PROVIDED DATA Block Start

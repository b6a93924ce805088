-- ===== src/PathUtil/Read.antt =====
-- The paths of the files that the handlers read for a request: `path_cat` of the document root and the
-- target, cut at a NUL for the file of `handle_file`, with the name of an index for a template.
use shadyurl.Common.{
  append_assoc, ℕ, ◌≡◌, ◌≢◌, ◌⊎◌, inl, inr, refl, sym, false, [], ◌∷◌, ◌++◌, Bytes, codes, ◌==◌,
  arith, Bool-cases, All, Lacks, Lacks-append_inv, contains, starts_with, c_str, c_str-append,
  if◌then◌else◌,
}
use mathlib.Core.Path.{subst}
use shadyurl.Boost.Split.{split_on}
use shadyurl.PathUtil.{back, without_slash, path_cat}
use shadyurl.PathUtil.Confined.{without_slash_lem, parts_confined}
use shadyurl.Routes.{illegal}

-- A path below a root: the root, less a '/' at its end, a '/', and names with no ".." among them.
abbrev pub IsBelow : Bytes → Bytes → Type 0
IsBelow root path =
    (stem : Bytes) × (more : Bytes) × (path ≡ stem ++ b'/' ∷ more)
    × ((root ≡ stem) ⊎ (root ≡ stem ++ codes "/"))
    × All (λ part. part ≢ codes "..") (split_on b'/' more)

c_str_dot :
    (s : Bytes) → starts_with s (codes ".") ≡ false → starts_with (c_str s) (codes ".") ≡ false
unfolding c_str starts_with
c_str_dot [] h = refl
c_str_dot (x ∷ s) h = ground arith

contains-c_str :
    (s : Bytes) → contains s (codes "..") ≡ false → contains (c_str s) (codes "..") ≡ false
unfolding contains c_str starts_with
contains-c_str [] h = refl
contains-c_str (x ∷ s) h = ground (arith, contains-c_str s, c_str_dot s)

-- A legal target is '/' and parts that are not "..".
more_confined :
    (c : ℕ) (more : Bytes)
    → contains (c ∷ more) (codes "..") ≡ false
    → All (λ part. part ≢ codes "..") (split_on b'/' more)
unfolding contains
more_confined c more h = parts_confined more (ground arith)

contains-index :
    (c : ℕ) (s : Bytes)
    → contains (c ∷ s) (codes "..") ≡ false
    → back (c ∷ s) ≡ b'/'
    → contains ((c ∷ s) ++ codes "index.html") (codes "..") ≡ false
unfolding contains starts_with
contains-index c [] h k = rw k refl
contains-index c (d ∷ s) h k = ground (arith, contains-index d s)

stem-Lacks :
    (root stem : Bytes) → (root ≡ stem) ⊎ (root ≡ stem ++ codes "/") → Lacks 0 root → Lacks 0 stem
stem-Lacks root stem (inl e) h = subst (Lacks 0) e h
stem-Lacks root stem (inr e) h = (Lacks-append_inv 0 stem (codes "/") (subst (Lacks 0) e h)).0

module _ (c : ℕ) (base : Bytes) where
  abbrev root : Bytes
  root = c ∷ base

  IsBelow-append :
      (more : Bytes)
      → contains (b'/' ∷ more) (codes "..") ≡ false
      → IsBelow root (without_slash root ++ b'/' ∷ more)
  IsBelow-append more h =
      (without_slash root, more, refl, without_slash_lem c base, more_confined b'/' more h)

  IsBelow-c_str :
      (more : Bytes)
      → Lacks 0 root
      → contains (b'/' ∷ more) (codes "..") ≡ false
      → IsBelow root (c_str (without_slash root ++ b'/' ∷ more))
  unfolding c_str
  IsBelow-c_str more nul h =
      let clean = stem-Lacks root (without_slash root) (without_slash_lem c base) nul in
      (
        without_slash root,
        c_str more,
        c_str-append (without_slash root) (b'/' ∷ more) clean,
        without_slash_lem c base,
        more_confined b'/' (c_str more) (contains-c_str (b'/' ∷ more) h),
      )

  IsBelow-index :
      (target : Bytes)
      → contains (b'/' ∷ target) (codes "..") ≡ false
      → back (b'/' ∷ target) ≡ b'/'
      → IsBelow root ((without_slash root ++ b'/' ∷ target) ++ codes "index.html")
  IsBelow-index target h k = (
    without_slash root,
    target ++ codes "index.html",
    append_assoc (without_slash root) (b'/' ∷ target) (codes "index.html"),
    without_slash_lem c base,
    more_confined b'/' (target ++ codes "index.html") (contains-index b'/' target h k),
  )

-- A legal target begins with '/'.
legal_slash : (x : ℕ) (target : Bytes) → illegal (x ∷ target) ≡ false → b'/' ≡ x
unfolding illegal
legal_slash x target legal = ground arith

-- For a legal target `handle_file` opens a file below the document root.
pub file-IsBelow :
    (root target : Bytes)
    → root ≢ []
    → Lacks 0 root
    → illegal target ≡ false
    → IsBelow root (c_str (path_cat root target))
unfolding path_cat illegal
file-IsBelow [] target h nul legal = absurd (h refl)
file-IsBelow (c ∷ base) [] h nul legal = cc
file-IsBelow (c ∷ base) (x ∷ target) h nul legal =
    subst (λ y. IsBelow (c ∷ base) (c_str (without_slash (c ∷ base) ++ y ∷ target)))
      (legal_slash x target legal)
      (IsBelow-c_str c base target nul (
        subst (λ y. contains (y ∷ target) (codes "..") ≡ false) (sym (legal_slash x target legal))
          (ground arith)))

slash_template :
    (c : ℕ) (base target : Bytes)
    → contains (b'/' ∷ target) (codes "..") ≡ false
    → IsBelow (c ∷ base) (
        let path = without_slash (c ∷ base) ++ b'/' ∷ target in
        if back (b'/' ∷ target) == b'/' then path ++ codes "index.html" else path)
slash_template c base target h = elim (Bool-cases (back (b'/' ∷ target) == b'/')) [
  | inl e ↦ rw e (IsBelow-index c base target h (ground arith))
  | inr e ↦ rw e (IsBelow-append c base target h)
]

-- For a legal target the template engine reads a file below the document root.
pub template-IsBelow :
    (root target : Bytes)
    → root ≢ []
    → illegal target ≡ false
    → IsBelow root (
        let path = path_cat root target in
        if back target == b'/' then path ++ codes "index.html" else path)
unfolding path_cat illegal
template-IsBelow [] target h legal = absurd (h refl)
template-IsBelow (c ∷ base) [] h legal = cc
template-IsBelow (c ∷ base) (x ∷ target) h legal =
    let slash = legal_slash x target legal in
    subst
      (λ y. IsBelow (c ∷ base) (
        let path = without_slash (c ∷ base) ++ y ∷ target in
        if back (y ∷ target) == b'/' then path ++ codes "index.html" else path))
      slash
      (slash_template c base target
        (subst (λ y. contains (y ∷ target) (codes "..") ≡ false) (sym slash) (ground arith)))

PROVIDED DATA Block End

ASSIGNED TASK:
The expected answer is a copy of each line above containing "PathUtil".

REPLY:
-- ===== src/PathUtil/Read.antt =====
use shadyurl.PathUtil.{back, without_slash, path_cat}
use shadyurl.PathUtil.Confined.{without_slash_lem, parts_confined}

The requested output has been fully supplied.